AI solves International Math Olympiad problems at silver medal level
System design & methodology
- Problems were manually translated into Lean 4; the core system (AlphaProof) couples a pre‑trained language model with AlphaZero‑style reinforcement learning and Monte Carlo Tree Search over Lean proof states.
- A separate geometry system (AlphaGeometry 2) combines an LLM with a symbolic deduction engine and solved the geometry problem in ~19 seconds.
- During training and even during the contest, the system generated synthetic variants of problems and trained on proofs/disproofs of these, using the proof checker as a reward signal.
- Formal proofs are verified by Lean, so end results are mechanically checkable and non‑hallucinated.
Performance vs IMO rules
- System solved 4/6 problems for 28/42 points, described as “silver medal level”.
- Humans get 2 × 4.5‑hour sessions; the system had up to ~3 days per problem and massive compute.
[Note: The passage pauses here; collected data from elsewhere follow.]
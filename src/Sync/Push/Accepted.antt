-- ===== src/Sync/Push/Accepted.antt =====
-- What one accepted entry means: the row that is stored, the spaces it may be in, the edit that it
-- beats, and the record of each space that it left.
use rover_tools_orange_copy.Sync.Recorded.{record-IsRecorded, IsRecorded, same_type_refl}
use rover_tools_orange_copy.Store.{WrappedKeys, is_member, SpaceEntryRemoval, SyncEntry, Db, Env}
use rover_tools_orange_copy.Prelude.{
  ==_iff, Option, is_some, if◌then◌else◌, false≢true, elem-added, not, [], rows_where, none, refl,
  any_where, false, first_where-In, true, ◌⊎◌, elem, first_where-update_first, ◌<◌, some, arith, ok,
  first_where, ◌∷◌, ◌≡◌, List, ℕ,
}
use rover_tools_orange_copy.Sync.Push.Cases.{
  inserted, updated, refused, Ends, write_update-ok, upsert-Ends,
}
use rover_tools_orange_copy.Sync.Upsert.{
  is_stale, withdrawal_record, spaces_of, write_insert, updated_work, upsert_entry,
}
use rover_tools_orange_copy.Sync.Removals.{record_space_removals}
use rover_tools_orange_copy.Sync.Entry.{
  Outcome, added_to, dropped_from, is_tombstone, is_key, new_row, updated_row, Work, AcceptedEntry,
  PushEntry, Limits, holds_memberships,
}

-- What a live entry says of a column, and what a deletion leaves of it.
abbrev pub when_live : {A : Type 0} → Option ℕ → A → A → A
when_live none said left = said
when_live (some _) said left = left

-- A column that an update keeps from the row that there was, and a new row takes from the entry.
abbrev pub kept_from : {A : Type 0} → Option SyncEntry → (SyncEntry → A) → A → A
kept_from none column said = said
kept_from (some row) column said = column row

-- The table holds the row of the entry's key, with each of its columns as the entry, the answer
-- and the row that there was before say.
pub record IsStored (uid did : ℕ) (e : PushEntry) (a : AcceptedEntry) (before : Option SyncEntry)
    (db : Db) : Type 0 where
  pub row : SyncEntry
  pub found : first_where (is_key uid e.client_id e.entry_type) db.entries ≡ some row
  pub server_id : row.id ≡ a.server_id
  pub kept_id : row.id ≡ kept_from before (λ r. r.id) a.server_id
  pub server_ts : row.server_ts ≡ a.server_ts
  pub owner : row.user_id ≡ uid
  pub client_id : row.client_id ≡ e.client_id
  pub device : row.device_id ≡ did
  pub created : row.created_at ≡ kept_from before (λ r. r.created_at) e.created_at
  pub kind : row.kind ≡ kept_from before (λ r. r.kind) e.kind
  pub edited : row.updated_at ≡ e.updated_at
  pub deleted : row.deleted_at ≡ e.deleted_at
  pub pinned : row.pinned ≡ e.pinned
  pub content : row.encrypted_content ≡ when_live e.deleted_at e.encrypted_content []
  pub metadata : row.encrypted_metadata ≡ when_live e.deleted_at e.encrypted_metadata none
  pub wraps : row.wrapped_keys ≡ when_live e.deleted_at e.wrapped_keys (WrappedKeys.dict [])
  pub blob_key : row.blob_key ≡ when_live e.deleted_at e.blob_key none
  pub blob_size : row.blob_size ≡ when_live e.deleted_at e.blob_size none
  pub spaces : row.space_ids ≡ e.space_ids

by_tombstone :
    {A : Type 0} (e : PushEntry) (said left : A)
    → (if is_tombstone e then left else said) ≡ when_live e.deleted_at said left
by_tombstone {A} e said left = go e.deleted_at
  where
    go : (o : Option ℕ) → (if is_some o then left else said) ≡ when_live o said left
    go none = refl
    go (some t) = refl

module _ (cfg : Limits) (uid did : ℕ) (e : PushEntry) (env : Env) (w : Work) where
  updated-IsStored :
      (row : SyncEntry) (removals : List SpaceEntryRemoval)
      → first_where (is_key uid e.client_id e.entry_type) w.db.entries ≡ some row
      → IsStored uid did e
          (record { client_id = e.client_id; server_id = row.id; server_ts = env.now })
          (some row)
          (updated_work uid did e env row removals w).db
  unfolding updated_work updated_row
  updated-IsStored row removals found = record {
    row = updated_row did e env.now row;
    found =
        first_where-update_first (is_key uid e.client_id e.entry_type) (updated_row did e env.now)
          w.db.entries row found key;
    server_id = refl;
    kept_id = refl;
    server_ts = refl;
    owner = (==_iff row.user_id uid).0 (ground (arith, key));
    client_id = (==_iff row.client_id e.client_id).0 (ground (arith, key));
    device = refl;
    created = refl;
    kind = refl;
    edited = refl;
    deleted = refl;
    pinned = refl;
    content = by_tombstone e e.encrypted_content [];
    metadata = by_tombstone e e.encrypted_metadata none;
    wraps = by_tombstone e e.wrapped_keys (WrappedKeys.dict []);
    blob_key = by_tombstone e e.blob_key none;
    blob_size = by_tombstone e e.blob_size none;
    spaces = refl;
  }
    where
      key : is_key uid e.client_id e.entry_type row ≡ true
      key = (first_where-In (is_key uid e.client_id e.entry_type) w.db.entries row found).1

  inserted-IsStored :
      IsStored uid did e
        (record { client_id = e.client_id; server_id = env.new_id; server_ts = env.now })
        none
        (record w.db { entries = new_row uid did e env ∷ w.db.entries })
  unfolding new_row
  inserted-IsStored = record {
    row = new_row uid did e env;
    found = ground (arith, same_type_refl e.entry_type);
    server_id = refl;
    kept_id = refl;
    server_ts = refl;
    owner = refl;
    client_id = refl;
    device = refl;
    created = refl;
    kind = refl;
    edited = refl;
    deleted = refl;
    pinned = refl;
    content = by_tombstone e e.encrypted_content [];
    metadata = by_tombstone e e.encrypted_metadata none;
    wraps = by_tombstone e e.wrapped_keys (WrappedKeys.dict []);
    blob_key = by_tombstone e e.blob_key none;
    blob_size = by_tombstone e e.blob_size none;
    spaces = refl;
  }

  -- How an accepted entry was written.
  data Written (a : AcceptedEntry) (dropped : List ℕ) (w' : Work) : Type 0 where
    over :
        (row : SyncEntry) (removals : List SpaceEntryRemoval)
        → first_where (is_key uid e.client_id e.entry_type) w.db.entries ≡ some row
        → holds_memberships w.db uid (added_to row.space_ids e) ≡ true
        → is_stale e row ≡ false
        → record_space_removals
            (withdrawal_record uid e env.now)
            env.removal_id
            (dropped_from row e)
            w.db.removals
          ≡ ok removals
        → a ≡ record { client_id = e.client_id; server_id = row.id; server_ts = env.now }
        → dropped ≡ dropped_from row e
        → w' ≡ updated_work uid did e env row removals w
        → Written a dropped w'
    fresh :
        first_where (is_key uid e.client_id e.entry_type) w.db.entries ≡ none
        → holds_memberships w.db uid (added_to [] e) ≡ true
        → a ≡ record { client_id = e.client_id; server_id = env.new_id; server_ts = env.now }
        → dropped ≡ []
        → w'.db ≡ record w.db { entries = new_row uid did e env ∷ w.db.entries }
        → Written a dropped w'

  Ends-Written :
      (a : AcceptedEntry) (dropped : List ℕ) (w' : Work)
      → Ends cfg uid did e env w (Outcome.accepted a, dropped, w')
      → Written a dropped w'
  unfolding write_insert
  Ends-Written a dropped w' (refused reason same) = cc
  Ends-Written a dropped w' (updated row found members _ newer _ _ k) =
      let (removals, recorded, same) = write_update-ok uid did e env row w _ k in
      over row removals found members newer recorded (cc same) (cc same) (cc same)
  Ends-Written a dropped w' (inserted found members _ _ _ k) =
      fresh found members (cc k) (cc k) (cc k)

  upsert-Written :
      (a : AcceptedEntry) (dropped : List ℕ) (w' : Work)
      → upsert_entry cfg uid did e env w ≡ ok (Outcome.accepted a, dropped, w')
      → Written a dropped w'
  upsert-Written a dropped w' h = Ends-Written a dropped w' (upsert-Ends cfg uid did e env w _ h)

  Written-IsStored :
      (a : AcceptedEntry) (dropped : List ℕ) (w' : Work)
      → Written a dropped w'
      → IsStored uid did e a (first_where (is_key uid e.client_id e.entry_type) w.db.entries) w'.db
  Written-IsStored a dropped w' (over row removals found _ _ _ q _ p) =
      rw (q, p, found) (updated-IsStored row removals found)
  Written-IsStored a dropped w' (fresh found _ q _ p) = rw (q, p, found) inserted-IsStored

  -- An accepted entry is the row stored under its key afterwards. The row has the id and the time
  -- that the answer says, and the account and the device of the call; its times, the flag, the
  -- spaces and, unless the entry is a deletion, the content, the metadata, the wraps and the blob
  -- are the entry's; a deletion leaves none of these four. A row that was there before keeps its
  -- id, its kind and its time of creation, and a new one takes the entry's kind and time.
  pub upsert-IsStored :
      (a : AcceptedEntry) (dropped : List ℕ) (w' : Work)
      → upsert_entry cfg uid did e env w ≡ ok (Outcome.accepted a, dropped, w')
      → IsStored uid did e a (first_where (is_key uid e.client_id e.entry_type) w.db.entries) w'.db
  upsert-IsStored a dropped w' h = Written-IsStored a dropped w' (upsert-Written a dropped w' h)

  Written_newer :
      (a : AcceptedEntry) (dropped : List ℕ) (w' : Work) (row : SyncEntry)
      → first_where (is_key uid e.client_id e.entry_type) w.db.entries ≡ some row
      → Written a dropped w'
      → (row.updated_at < e.updated_at) ⊎ ((is_tombstone e ≡ true) × (row.deleted_at ≡ none))
  Written_newer a dropped w' row found (over row' _ found' _ newer _ _ _ _) =
      let same : row' ≡ row = cc found in beats row (rw same at newer)
    where
      beats :
          (row : SyncEntry)
          → is_stale e row ≡ false
          → (row.updated_at < e.updated_at) ⊎ ((is_tombstone e ≡ true) × (row.deleted_at ≡ none))
      beats row h = ground arith
  Written_newer a dropped w' row found (fresh found' _ _ _ _) = cc found

  -- An accepted entry is newer than the row that it replaces, or deletes a row that was live.
  pub upsert_newer :
      (a : AcceptedEntry) (dropped : List ℕ) (w' : Work) (row : SyncEntry)
      → upsert_entry cfg uid did e env w ≡ ok (Outcome.accepted a, dropped, w')
      → first_where (is_key uid e.client_id e.entry_type) w.db.entries ≡ some row
      → (row.updated_at < e.updated_at) ⊎ ((is_tombstone e ≡ true) × (row.deleted_at ≡ none))
  upsert_newer a dropped w' row h found =
      Written_newer a dropped w' row found (upsert-Written a dropped w' h)

  -- A space that passed the membership check, or was no addition.
  member_or_old :
      (already : List ℕ) (s : ℕ) (spaces : List ℕ)
      → holds_memberships w.db uid (rows_where (λ x. not (elem x already)) spaces) ≡ true
      → elem s spaces ≡ true
      → (any_where (is_member s uid) w.db.memberships ≡ true) ⊎ (elem s already ≡ true)
  unfolding holds_memberships
  member_or_old already s [] h m = cc
  member_or_old already s (x ∷ xs) h m = ground (arith, member_or_old already s xs)

  Written_may_share :
      (a : AcceptedEntry) (dropped : List ℕ) (w' : Work) (s : ℕ)
      → elem s e.space_ids ≡ true
      → Written a dropped w'
      → (any_where (is_member s uid) w.db.memberships ≡ true)
        ⊎ (elem s (spaces_of (first_where (is_key uid e.client_id e.entry_type) w.db.entries))
            ≡ true)
  Written_may_share a dropped w' s m (over row _ found members _ _ _ _ _) =
      rw found (member_or_old row.space_ids s e.space_ids members m)
  Written_may_share a dropped w' s m (fresh found members _ _ _) =
      rw found (member_or_old [] s e.space_ids members m)

  -- Each space of an accepted entry is one that the caller is a member of, or one that the row
  -- that it replaces already carried.
  pub upsert_may_share :
      (a : AcceptedEntry) (dropped : List ℕ) (w' : Work) (s : ℕ)
      → upsert_entry cfg uid did e env w ≡ ok (Outcome.accepted a, dropped, w')
      → elem s e.space_ids ≡ true
      → (any_where (is_member s uid) w.db.memberships ≡ true)
        ⊎ (elem s (spaces_of (first_where (is_key uid e.client_id e.entry_type) w.db.entries))
            ≡ true)
  upsert_may_share a dropped w' s h m =
      Written_may_share a dropped w' s m (upsert-Written a dropped w' h)

  Written_withdraws :
      (a : AcceptedEntry) (dropped : List ℕ) (w' : Work) (s : ℕ)
      → elem s (spaces_of (first_where (is_key uid e.client_id e.entry_type) w.db.entries)) ≡ true
      → elem s e.space_ids ≡ false
      → Written a dropped w'
      → (elem s dropped ≡ true) × IsRecorded (withdrawal_record uid e a.server_ts) s w'.db.removals
  unfolding updated_work
  Written_withdraws a dropped w' s old gone (over row removals found _ _ recorded q d p) =
      let left : elem s (dropped_from row e) ≡ true =
        elem-added s e.space_ids row.space_ids (rw found at old) gone in
      (rw d left, rw (q, p) (record-IsRecorded _ _ _ s w.db.removals removals recorded left))
  Written_withdraws a dropped w' s old gone (fresh found _ _ _ _) =
      absurd (false≢true (rw found at old))

  -- Each space that the row carried and the accepted entry does not is withdrawn: the answer
  -- lists it, and a removal by the author is on record at the entry's own server time.
  pub upsert_withdraws :
      (a : AcceptedEntry) (dropped : List ℕ) (w' : Work) (s : ℕ)
      → upsert_entry cfg uid did e env w ≡ ok (Outcome.accepted a, dropped, w')
      → elem s (spaces_of (first_where (is_key uid e.client_id e.entry_type) w.db.entries)) ≡ true
      → elem s e.space_ids ≡ false
      → (elem s dropped ≡ true) × IsRecorded (withdrawal_record uid e a.server_ts) s w'.db.removals
  upsert_withdraws a dropped w' s h old gone =
      Written_withdraws a dropped w' s old gone (upsert-Written a dropped w' h)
One problem was solved “within minutes”.
- Many commenters argue that on an apples‑to‑apples timing and tooling basis it would not medal; others say the core result is that these problems are now solvable at all by machines.
Role and difficulty of formalization
- Input statements were hand‑formalized; answers (e.g., which numbers/sets satisfy conditions) were discovered by the system, then proved.
- There is disagreement on whether formalization is “much easier” than solving; some say any trained student can do it quickly, others report specific problems (like P5) are quite hard to formalize.
- An autoformalizer based on Gemini exists and was used to generate large training corpora, but is not yet reliable enough for high‑stakes input; there is no general way to automatically verify that a formalization matches the informal problem.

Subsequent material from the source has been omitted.